Tachyum demonstrates Machine Check and Recovery on Prodigy FPGA

1 min read

Tachyum has announced the addition of Machine Check and Recovery (MCR) capabilities with the Linux Error Detection and Correction (EDAC) subsystem to the Prodigy Universal Processor.

Deployment was successfully demonstrated as part of the FPGA emulation system.

MCR with Linux EDAC driver is essential for data centre applications, with the pair working together to provide critical information to predict and mitigate failures in the field.

Because it is able to detect and seamlessly correct errors caused by external events in the CPU’s internal memory blocks and attached DDR modules, Prodigy can run prolonged workflows without interruption to maintain and improve uptime of systems deployed at scale.
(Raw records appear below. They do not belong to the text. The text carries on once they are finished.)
-- ===== src/Api/Handler/Upload.antt =====
-- internal/api/handler.go, Upload.
use omni_blob.Base.{
  ℕ, String, Bool, false, ◌&&◌, ◌||◌, not, Option, none, some, List, [], ◌∷◌, leb, if◌then◌else◌,
  length, take, Text, codes, text_eq, is_empty, or_else, has_prefix, trim_prefix, contains,
  trim_space, to_lower, contains_text, Assoc, lookup,
}
use omni_blob.FilePath.{slash, ext, join}
use omni_blob.FileSystem.{FileSystem, Stream}
use omni_blob.Http.{Request, form_value}
use omni_blob.Storage.{Saved, saved, error, save_cas}
use omni_blob.Storage.Layout.{generate_storage_path, generate_sharded_path}
use omni_blob.Entity.{BinaryFile, PhysicalObject}
use omni_blob.Repository.BinaryFiles.{Files, insert_file}
use omni_blob.Repository.Tables.{insert_object}
use omni_blob.Api.Handler.{World, Handler, Env, Luck, module_or}

-- A file of a multipart form: the name and content type that its header gives, and its content.
pub record Part : Type 0 where
  pub file_name : Text
  pub content_type : Text
  pub content : Stream
  pub rewinds : Bool

-- What parsing the form gives: an error, also for one above the limit, no field of the name, or it.
pub data Form : Type 0 where
  malformed no_file : Form
  with_file : Part → Form

abbrev pub expected_mime_prefix : Assoc Text
expected_mime_prefix =
    (codes ".pdf", codes "application/pdf")
    ∷ (codes ".png", codes "image/png")
    ∷ (codes ".jpg", codes "image/jpeg")
    ∷ (codes ".jpeg", codes "image/jpeg")
    ∷ (codes ".gif", codes "image/gif")
    ∷ (codes ".mp4", codes "video/mp4")
    ∷ (codes ".html", codes "text/html")
    ∷ (codes ".exe", codes "application/x-executable")
    ∷ []

abbrev pub mismatch : Option Text → Text → Bool
mismatch none found = false
mismatch (some expected) found = not (has_prefix expected found)

-- The checks of the content, made only where extensions are restricted: the status of a refusal.
unfoldable pub check_content : Env → Text → Part → Option ℕ
check_content env extension part =
    let found = env.detect_content_type (take 512 part.content.bytes) in
    if not part.rewinds
    then some 500
    else if mismatch (lookup extension expected_mime_prefix) found
    then some 415
    else if not (text_eq extension (codes ".html")) && contains found (codes "text/html")
    then some 415
    else none

abbrev pub extension_of : Part → Text
extension_of part = to_lower (ext part.file_name)

unfoldable pub check_part : Handler → Env → Part → Option ℕ
unfolding check_content
check_part h env part =
    if leb (length h.allowed_extensions) 0
    then none
    else if not (contains_text h.allowed_extensions (extension_of part))
    then some 415
    else check_content env (extension_of part) part

-- The texts that Upload reads from the form, each with its older names.
unfoldable pub form_field : Request → List String → Text
form_field r [] = []
form_field r (name ∷ names) = or_else (trim_space (form_value r name)) (form_field r names)

abbrev pub app_name_of : Option Text → Text
app_name_of none = codes "anonymous"
app_name_of (some name) = name

abbrev pub octet_stream : Text
octet_stream = codes "application/octet-stream"

unfoldable pub mime_type_of : Env → Text → Text → Text
mime_type_of env given name =
    if is_empty given || text_eq given octet_stream
    then or_else (env.type_by_extension (ext name)) octet_stream
    else given

-- The path that the record keeps.
unfoldable pub logical_path : Env → Luck → Text → Text → Text → Text → Text → Text → Text
logical_path env luck app custom module_name directory ref name =
    if not (is_empty custom)
    then trim_prefix custom (slash ∷ [])
    else if text_eq directory (codes "date")
    then generate_sharded_path env.cal luck.now app module_name directory 0 name luck.now
    else generate_storage_path app module_name directory ref name

-- The record that Upload writes, with the identifier left to Insert.
unfoldable pub upload_row : Env → Luck → Request → Option Text → Part → Saved → BinaryFile
unfolding form_field mime_type_of logical_path
upload_row env luck r client part result =
    let m = module_or r.bucket (form_field r ("module" ∷ "modul" ∷ [])) in
    let ref = form_field r ("referensi_id" ∷ "uuid" ∷ []) in
    let directory = form_field r ("directory" ∷ "folder" ∷ "subfolder" ∷ []) in
    let name = or_else (form_field r ("file_name" ∷ [])) part.file_name in
    let app = app_name_of client in
    record {
      bin_id = 0;
      referensi_id = ref;
      module_name = m;
      directory = directory;
      file_name = name;
      path = logical_path env luck app (form_field r ("path" ∷ [])) m directory ref name;
      size = result.size;
      mime_type = mime_type_of env part.content_type name;
      checksum = result.checksum;
      flag = or_else (form_field r ("flag" ∷ [])) (codes "1");
      create_date = luck.now;
      app_name = app;
    }

-- The answer: a status with an error, or 201 with the record.
pub data UploadReply : Type 0 where
  refused : ℕ → UploadReply
  created : BinaryFile → UploadReply

-- The zero time of the object is written as it is.
abbrev pub object_of : Saved → PhysicalObject
object_of result = record {
  content_hash = result.checksum;
  size = result.size;
  storage_path = result.rel_path;
  first_stored_at = 0;
}

abbrev pub add_sidecar :
    Env → Handler → Saved → FileSystem → (Files × Option BinaryFile) → FileSystem
add_sidecar env h result disk (t, none) = disk
add_sidecar env h result disk (t, some f) =
    env.save_metadata_sidecar (join (h.storage.root_path ∷ result.rel_path ∷ [])) f disk

abbrev pub inserted_reply : Option BinaryFile → UploadReply
inserted_reply none = refused 500
inserted_reply (some f) = created f

-- From the stored stream on: the object's row, whose error is only logged, the file's row, and the
-- sidecar.
unfoldable pub index_upload :
    Handler → Env → Luck → BinaryFile → Saved → World → World × UploadReply
index_upload h env luck row result w =
    let inserted = insert_file luck.next_up luck.files_up luck.now row w.files in
    (
      record {
        disk = add_sidecar env h result w.disk inserted;
        objects = insert_object luck.objects_up (object_of result) w.objects;
        files = inserted.0;
      },
      inserted_reply inserted.1,
    )

-- SaveCAS and what follows it.
unfoldable pub store_part :
    Handler → Env → Luck → (Saved → BinaryFile) → Part → World → World × UploadReply
store_part h env luck row part w =
    let (disk, out) =
      save_cas env.sha h.storage luck.faults luck.others luck.nano luck.now part.content w.disk in
    elim out [
      | error e ↦ (record w { disk = disk }, refused 500)
      | saved result ↦ index_upload h env luck (row result) result (record w { disk = disk })
    ]

-- `client` is the name of the client that the request was authenticated for.
unfoldable pub upload :
    Handler → Env → Luck → Request → Option Text → Form → World → World × UploadReply
unfolding check_part upload_row
upload h env luck r client form w =
    if not (text_eq r.method (codes "POST")) then (w, refused 405) else elim form [
      | malformed ↦ (w, refused 400)
      | no_file ↦ (w, refused 400)
      | with_file part ↦ elim (check_part h env part) [
        | some status ↦ (w, refused status)
        | none ↦ store_part h env luck (upload_row env luck r client part) part w
      ]
    ]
When the degree of Static Random-Access Memory (SRAM) damage is beyond repair, however, the error detection allows affected computations to be abandoned rather than provide incorrect results.

Error injection is an essential part of testing. Prodigy contains an error-injection module that can inject both correctable and uncorrectable errors into relevant CPU blocks and either a limited number or continuous stream of errors with programmable intervals to ensure the Prodigy architecture meets and exceeds data centre requirements.

Prodigy can provide Double Error Correction and Triple Error Detection (DECTED), which is a key feature to improving uptime, and is complemented by EDAC to enable preventative maintenance.

“Today’s demanding data centre applications require a level of reliability and availability previously unseen in order to complete complex functions while mitigating errors,” said Dr. Radoslav Danilak, founder and CEO of Tachyum. “Organisations choosing to deploy Prodigy-enabled datacentre will be able to ‘fortify’ their system by fully integrating and testing the MCR system with the Linux EDAC driver as part of our FPGA emulator, which will ensure optimal performance when the processor is commercially available in the near future.”

As a Universal Processor capable of offering exceptional performance for all workloads, Prodigy-powered data centre servers will be able to seamlessly and dynamically switch between computational domains (such as AI/ML, HPC, and cloud) with a single homogeneous architecture.

According to Tachyum, by eliminating the need for expensive dedicated AI hardware and dramatically increasing server utilisation, Prodigy will reduce CAPEX and OPEX significantly.

Prodigy integrates 192 high-performance custom-designed 64-bit compute cores and is said to be capable of delivering up to 4.5x the performance of the highest-performing x86 processors for cloud workloads, up to 3x that of the highest performing GPU for HPC, and 6x for AI applications.